That's who he looks like to me!
And is he handsome!!!


----------



## sandj (May 16, 2012)

Wow! That take talent!


----------



## imaknuttyknitter (Feb 23, 2011)

They are adorable!!


----------



## Puppies101 (Nov 3, 2012)

When I saw him I immediately thought, "Gentleman George". Terrific looking bears by the way.


----------



## lbezoo (Nov 26, 2012)

Felix! And he's gorgeous!!


----------



## jennyb (Mar 20, 2011)

inkie said:


> Oh, whow, they are so cute! He looks a bit like a professor bear to me! What a handsome couple you've made!


I think professor also


----------



## albie (Jun 2, 2011)

looks like a FRED to me. his smile will have everyone asking???what is he up to or thinking.


----------



## bettyirene (Apr 5, 2012)

Have you chosen a name yet?


----------



## Helma (Oct 6, 2012)

Thank you all for your kind remarks and name suggestions .
I think I have settled for " Oliver " . It just seems to be appropriate . It is a very proper name .
Hope you all have a great day .


----------



## bettyirene (Apr 5, 2012)

Thanks for telling us.


----------



## Lavender Blue (Aug 31, 2012)

He is fantastic!

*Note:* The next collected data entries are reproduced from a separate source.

-- ===== src/Protocol/Frame.antt =====
-- Views of the state by which the protocol's theorems say what changes: the part of a slot that
-- the protocol is about, and the part of the pool that no protocol operation writes.
use z_ipc.State.{put_slot, Slot, World, Region, Identity, Component}
use z_ipc.Trace.{trace_slot, record_protocol_error, record_slot_error, trace_external_event}
use z_ipc.Status.{TraceEvent, SlotState}
use z_ipc.Base.{refl, arith, ap, ◌≡◌, ◌∙◌, ◌≢◌, Bool, ℕ}
use z_ipc.Platform.{Platform}
use z_ipc.VisitedSet.{VisitedSet}

-- Who holds the slot, where it stands in the protocol, and its lineage.
pub record Core : Type 0 where
  pub state : SlotState
  pub generation : ℕ
  pub owner_id : ℕ
  pub owner_epoch : ℕ
  pub next_owner_id : ℕ
  pub sequence : ℕ
  pub hop_count : ℕ
  pub hop_limit : ℕ
  pub deadline_ns : ℕ
  pub visited : VisitedSet
  pub identity : Identity
  pub region : Region

abbrev pub core_of : Slot → Core
core_of s = record {
  state = s.state;
  generation = s.generation;
  owner_id = s.owner_id;
  owner_epoch = s.owner_epoch;
  next_owner_id = s.next_owner_id;
  sequence = s.transfer_sequence;
  hop_count = s.hop_count;
  hop_limit = s.hop_limit;
  deadline_ns = s.deadline_ns;
  visited = s.visited;
  identity = s.identity;
  region = s.region;
}

-- The pool but for its slots and counters.
pub record Layout : Type 0 where
  pub slot_count : ℕ
  pub slot_capacity : ℕ
  pub slot_stride : ℕ
  pub components : ℕ → Component
  pub payload : ℕ → ℕ
  pub payload_offset : ℕ
  pub strict : Bool
  pub pool_id : ℕ

abbrev pub layout_of : World → Layout
layout_of w = record {
  slot_count = w.pool.header.slot_count;
  slot_capacity = w.pool.header.slot_capacity;
  slot_stride = w.pool.header.slot_stride;
  components = w.pool.header.components;
  payload = w.pool.payload;
  payload_offset = w.pool.payload_offset;
  strict = w.pool.strict;
  pool_id = w.pool.pool_id;
}

-- What an operation on one slot leaves alone.
pub record Frame (w : World) (slot_id : ℕ) (w' : World) : Type 0 where
  pub others : (j : ℕ) → slot_id ≢ j → w'.pool.controls j ≡ w.pool.controls j
  pub same_layout : layout_of w' ≡ layout_of w

pub Frame-trans :
    {w w1 w' : World} {slot_id : ℕ} → Frame w slot_id w1 → Frame w1 slot_id w' → Frame w slot_id w'
Frame-trans f g = record {
  others = λ j ne. g.others j ne ∙ f.others j ne;
  same_layout = g.same_layout ∙ f.same_layout;
}

pub Frame-of_pool : {w w' : World} (slot_id : ℕ) → w'.pool ≡ w.pool → Frame w slot_id w'
Frame-of_pool slot_id e = record { others = λ j ne. cc; same_layout = ground arith }

pub Frame-put_slot : (w : World) (slot_id : ℕ) (s : Slot) → Frame w slot_id (put_slot w slot_id s)
Frame-put_slot w slot_id s = record { others = λ j ne. ground arith; same_layout = refl }

module _ (p : Platform) (w : World) where
  pub controls-record_protocol_error :
      (component : ℕ) → (record_protocol_error p w component).pool.controls ≡ w.pool.controls
  unfolding record_protocol_error trace_external_event
  controls-record_protocol_error component = refl

  pub layout-record_protocol_error :
      (component : ℕ) → layout_of (record_protocol_error p w component) ≡ layout_of w
  unfolding record_protocol_error trace_external_event
  layout-record_protocol_error component = refl

  pub pool-trace_slot :
      (slot_id : ℕ) (s : Slot) (component : ℕ) (event : TraceEvent)
      → (trace_slot p w slot_id s component event).1.pool ≡ w.pool
  unfolding trace_slot
  pool-trace_slot slot_id s component event = refl

  pub core-trace_slot :
      (slot_id : ℕ) (s : Slot) (component : ℕ) (event : TraceEvent)
      → core_of (trace_slot p w slot_id s component event).0 ≡ core_of s
  unfolding trace_slot
  core-trace_slot slot_id s component event = refl

  pub controls-record_slot_error :
      (slot_id : ℕ) (s : Slot) (component : ℕ)
      → (record_slot_error p w slot_id s component).1.pool.controls ≡ w.pool.controls
  unfolding record_slot_error trace_slot
  controls-record_slot_error slot_id s component = refl

  pub layout-record_slot_error :
      (slot_id : ℕ) (s : Slot) (component : ℕ)
      → layout_of (record_slot_error p w slot_id s component).1 ≡ layout_of w
  unfolding record_slot_error trace_slot
  layout-record_slot_error slot_id s component = refl

  pub Frame-record_protocol_error :
      (slot_id component : ℕ) → Frame w slot_id (record_protocol_error p w component)
  Frame-record_protocol_error slot_id component = record {
    others = λ j ne. ap (λ c. c j) (controls-record_protocol_error component);
    same_layout = layout-record_protocol_error component;
  }

  pub Frame-record_slot_error :
      (slot_id : ℕ) (s : Slot) (component : ℕ)
      → Frame w slot_id (record_slot_error p w slot_id s component).1
  Frame-record_slot_error slot_id s component = record {
    others = λ j ne. ap (λ c. c j) (controls-record_slot_error slot_id s component);
    same_layout = layout-record_slot_error slot_id s component;
  }
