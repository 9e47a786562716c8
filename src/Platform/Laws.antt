-- ===== src/Platform/Laws.antt =====
-- What protect_slot leaves alone.
use z_ipc.Platform.{Platform, protect_slot}
use z_ipc.State.{World}
use z_ipc.Base.{arith, ◌≡◌, Bool, ℕ}

pub pool-protect_slot :
    (p : Platform) (w : World) (slot_id : ℕ) (read_write : Bool)
    → (protect_slot p w slot_id read_write).1.pool ≡ w.pool
unfolding protect_slot
pool-protect_slot p w slot_id read_write = ground arith

pub generators-protect_slot :
    (p : Platform) (w : World) (slot_id : ℕ) (read_write : Bool)
    → (protect_slot p w slot_id read_write).1.generators ≡ w.generators
unfolding protect_slot
generators-protect_slot p w slot_id read_write = ground arith
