-- ===== src/Protocol/Transfer/Laws.antt =====
-- Theorems on what buffer_prepare_transfer_internal changes.
use z_ipc.State.{Pool, put_slot, Slot, Message, World}
use z_ipc.Protocol.Transfer.{
  transfer_claim, buffer_prepare_transfer_internal, sent_slot, commit_transfer, refuse_transfer,
  transfer_claimed,
}
use z_ipc.Base.{
  inr, sym, inl, Bool-cases, ◌∙◌, leb, ◌||◌, ◌==◌, not, ap, if_elim, refl, false, arith, ◌+◌, true,
  ◌≡◌, ℕ,
}
use z_ipc.Platform.{now_ns, tick, protect_slot, Platform}
use z_ipc.Status.{
  claiming, component_id_valid, invalid_state, is_owned, invalid_argument, deadline, not_owner,
  stale_handle, is_ok, Status, in_transfer, owned,
}
use z_ipc.Handle.{ClaimKind, claim_token_make, handle_generation, handle_slot_id}
use z_ipc.Word.{u32}
use z_ipc.Component.{registered_epoch}
use z_ipc.Protocol.Common.{give_back, past_hop_limit, past_deadline}
use z_ipc.Trace.{trace_external_event, record_protocol_error, record_slot_error, trace_slot}
use z_ipc.Protocol.Frame.{
  Frame-put_slot, controls-record_protocol_error, Frame-record_protocol_error, Frame-of_pool,
  Frame-trans, Frame, core_of,
}
use z_ipc.Platform.Laws.{pool-protect_slot}
use mathlib.Core.Path.{subst}

-- The slot and the message after a transfer of `s`.
pub record Sent (pool_id handle current_owner next_owner link_id : ℕ) (s s' : Slot)
    (message : Message) : Type 0 where
  pub core :
      core_of s'
      ≡ core_of (record s {
        state = in_transfer;
        next_owner_id = next_owner;
        transfer_sequence = u32 (s.transfer_sequence + 1);
      })
  pub claim_token : s'.claim_token ≡ 0
  pub link : s'.transfer_link_id ≡ link_id
  pub source : (s'.transfer_source_id ≡ current_owner) × (s'.transfer_source_epoch ≡ s.owner_epoch)
  pub snapshot :
      (s'.transfer_hop_count ≡ s.hop_count)
      × (s'.transfer_acquired_ns ≡ s.acquired_ns)
      × (s'.transfer_visited ≡ s.visited)
  pub described : message ≡ record {
    handle = handle;
    pool_id = pool_id;
    source_component = current_owner;
    destination_component = next_owner;
    transfer_sequence = u32 (s.transfer_sequence + 1);
    flags = 0;
  }
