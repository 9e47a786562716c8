-- ===== src/Protocol/Transfer/Conditions.antt =====
-- The condition of buffer_prepare_transfer_internal.
use z_ipc.Platform.{tick, protect_slot, now_ns, Platform}
use z_ipc.Base.{false, leb, ◌↔◌, not, arith, ◌<◌, true, ◌==◌, ◌&&◌, ◌≡◌, Bool, ℕ}
use z_ipc.Handle.{ClaimKind, claim_token_make, handle_generation, handle_slot_id}
use z_ipc.State.{Slot, Message, World}
use z_ipc.Protocol.Transfer.{
  commit_transfer, refuse_transfer, buffer_prepare_transfer_internal, transfer_claim,
  transfer_claimed,
}
use z_ipc.Status.{claiming, owned, is_owned, is_ok, component_id_valid}
use z_ipc.Component.{registered_epoch}
use z_ipc.Protocol.Common.{past_hop_limit, past_deadline}

module _ (p : Platform) (handle current_owner next_owner link_id : ℕ) where
  abbrev slot_id : ℕ
  slot_id = handle_slot_id handle

  abbrev before : World → Slot
  before w = w.pool.controls slot_id

  -- What a transfer asks for.
  pub record CanSend (w : World) : Type 0 where
    pub usable : (component_id_valid current_owner && component_id_valid next_owner) ≡ true
    pub exists : slot_id < w.pool.header.slot_count
    pub state : (before w).state ≡ owned
    pub generation : (before w).generation ≡ handle_generation handle
    pub owner_id : (before w).owner_id ≡ current_owner
    pub owner_epoch : (before w).owner_epoch ≡ registered_epoch w.pool current_owner
    pub unclaimed : (before w).claim_token ≡ 0
    pub in_time : past_deadline (before w) (now_ns p w) ≡ false
    pub hops_left : past_hop_limit (before w) ≡ false
    pub closed : is_ok (protect_slot p (tick w) slot_id false).0 ≡ true

  -- The claimed slot is the caller's under the handle, in time and below its hop limit, and its pages
  -- close.
  answers : ℕ → World → Slot → Bool
  answers epoch w s =
      (s.generation == handle_generation handle)
      && (s.owner_id == current_owner)
      && (s.owner_epoch == epoch)
      && not (past_deadline s (now_ns p w))
      && not (past_hop_limit s)
      && is_ok (protect_slot p (tick w) slot_id false).0

  transfer_claimed_ok :
      (epoch claim : ℕ) (s : Slot) (message : Message) (w : World)
      → is_ok
          (transfer_claimed p handle slot_id current_owner next_owner epoch link_id claim s message
            w).0
        ≡ answers epoch w s
  unfolding answers transfer_claimed refuse_transfer commit_transfer
  transfer_claimed_ok epoch claim s message w = ground arith

  transfer_claim_ok :
      (epoch : ℕ) (s : Slot) (message : Message) (w : World)
      → is_owned s.state ≡ true
      → is_ok (transfer_claim p handle slot_id current_owner next_owner epoch link_id s message w).0
        ≡ ((s.claim_token == 0) && answers epoch w s)
  unfolding transfer_claim answers
  transfer_claim_ok epoch s message w mine = ground (
    arith,
    transfer_claimed_ok epoch (claim_token_make ClaimKind.send current_owner epoch)
        (record s {
          claim_previous_sequence = s.transfer_sequence;
          claim_token = claim_token_make ClaimKind.send current_owner epoch;
          state = claiming;
        })
        message w,
  )

  -- What is tested before the claim.
  admits : World → Bool
  admits w =
      component_id_valid current_owner
      && component_id_valid next_owner
      && not (leb w.pool.header.slot_count slot_id)
      && is_owned (before w).state
      && ((before w).generation == handle_generation handle)
      && ((before w).owner_id == current_owner)
      && ((before w).owner_epoch == registered_epoch w.pool current_owner)

  prepare_ok :
      (message : Message) (w : World)
      → is_ok
          (buffer_prepare_transfer_internal p handle current_owner next_owner link_id message w).0
        ≡ (admits w
            && is_ok
                (transfer_claim p handle slot_id current_owner next_owner
                  (registered_epoch w.pool current_owner)
                  link_id
                  (before w)
                  message
                  w).0)
  unfolding admits buffer_prepare_transfer_internal
  prepare_ok message w = ground arith

  CanSend-admits : (w : World) → CanSend w → admits w ≡ true
  unfolding admits
  CanSend-admits w c = ground arith

  CanSend-answers :
      (w : World) → CanSend w → answers (registered_epoch w.pool current_owner) w (before w) ≡ true
  unfolding answers
  CanSend-answers w c = ground arith

  CanSend-of :
      (w : World)
      → admits w ≡ true
      → ((before w).claim_token == 0) ≡ true
      → answers (registered_epoch w.pool current_owner) w (before w) ≡ true
      → CanSend w
  unfolding admits answers
  CanSend-of w a free_token h = record {
    usable = ground arith;
    exists = ground arith;
    state = ground arith;
    generation = ground arith;
    owner_id = ground arith;
    owner_epoch = ground arith;
    unclaimed = ground arith;
    in_time = ground arith;
    hops_left = ground arith;
    closed = ground arith;
  }

  admits_owned : (w : World) → admits w ≡ true → is_owned (before w).state ≡ true
  unfolding admits
  admits_owned w a = ground arith

  -- A transfer succeeds exactly if both components are usable, the slot exists, and the slot is
  -- owned by the caller in its current epoch under the handle's generation, unclaimed, before its
  -- deadline and below its hop limit, and the platform closes the payload pages.
  pub buffer_prepare_transfer_iff :
      (message : Message) (w : World)
      → (is_ok
            (buffer_prepare_transfer_internal p handle current_owner next_owner link_id message w).0
          ≡ true)
        ↔ CanSend w
  buffer_prepare_transfer_iff message w =
      let epoch = registered_epoch w.pool current_owner in
      let outer = prepare_ok message w in
      let inner = transfer_claim_ok epoch (before w) message w in
      (
        λ good.
            let a : admits w ≡ true = ground (arith, outer) in
            CanSend-of w a (ground (arith, outer, inner (admits_owned w a)))
              (ground (arith, outer, inner (admits_owned w a))),
        λ c.
            let a = CanSend-admits w c in
            ground (arith, outer, a, inner (admits_owned w a), CanSend-answers w c, c.unclaimed),
      )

What great work and working with fur is not easy. He looks like a 'Furank' or a 'Furedrick' to me! LOL


----------



## ernai (Apr 7, 2011)

Charlie


----------



## mombr4 (Apr 21, 2011)

Your bears are just wonderful.


----------



## mama879 (Jan 27, 2011)

They are super. Great pair. A professor and his wife. YOu did a wonderful job. You should be very proud.


----------



## charliesaunt (Apr 22, 2011)

I vote for Boxley.


----------



## Helma (Oct 6, 2012)

Thank you for your kind suggestions , but he already has a name . He is Sir Oliver .


----------



## Kadydee (Apr 28, 2011)

Like the name Oliver. My dad's name was Oliver. Happy New Year.


----------



## kacey66 (Sep 9, 2013)

They are both adorable! I like the expression on the new bear.


----------



## Sewbizgirl (May 11, 2011)

Wow, they are AWESOME. The fur is so beautiful.


----------



## Helma (Oct 6, 2012)

Sewbizgirl said:


> Wow, they are AWESOME. The fur is so beautiful.


Thank you . The fur is very soft . I've personally never worn a fur coat , but couldn't resist buying this one at a garage sale . It is repurposing .I think I have enough left over for one more , but that is in the distant future as I've been tasked to make six bears out of my DIL's GM's fur coat and stole .These are for her six GGC's.


----------



## rujam (Aug 19, 2011)

As soon as I saw him I thought "He looks like a Roger"


----------



## Helma (Oct 6, 2012)

He has been named Sir Oliver .(from Oliver Twist )


----------



## Suecpee (Dec 24, 2013)

Felicity and Frederick?


----------



## gapeach31781 (Oct 16, 2013)

Felix, and he's adorable!


----------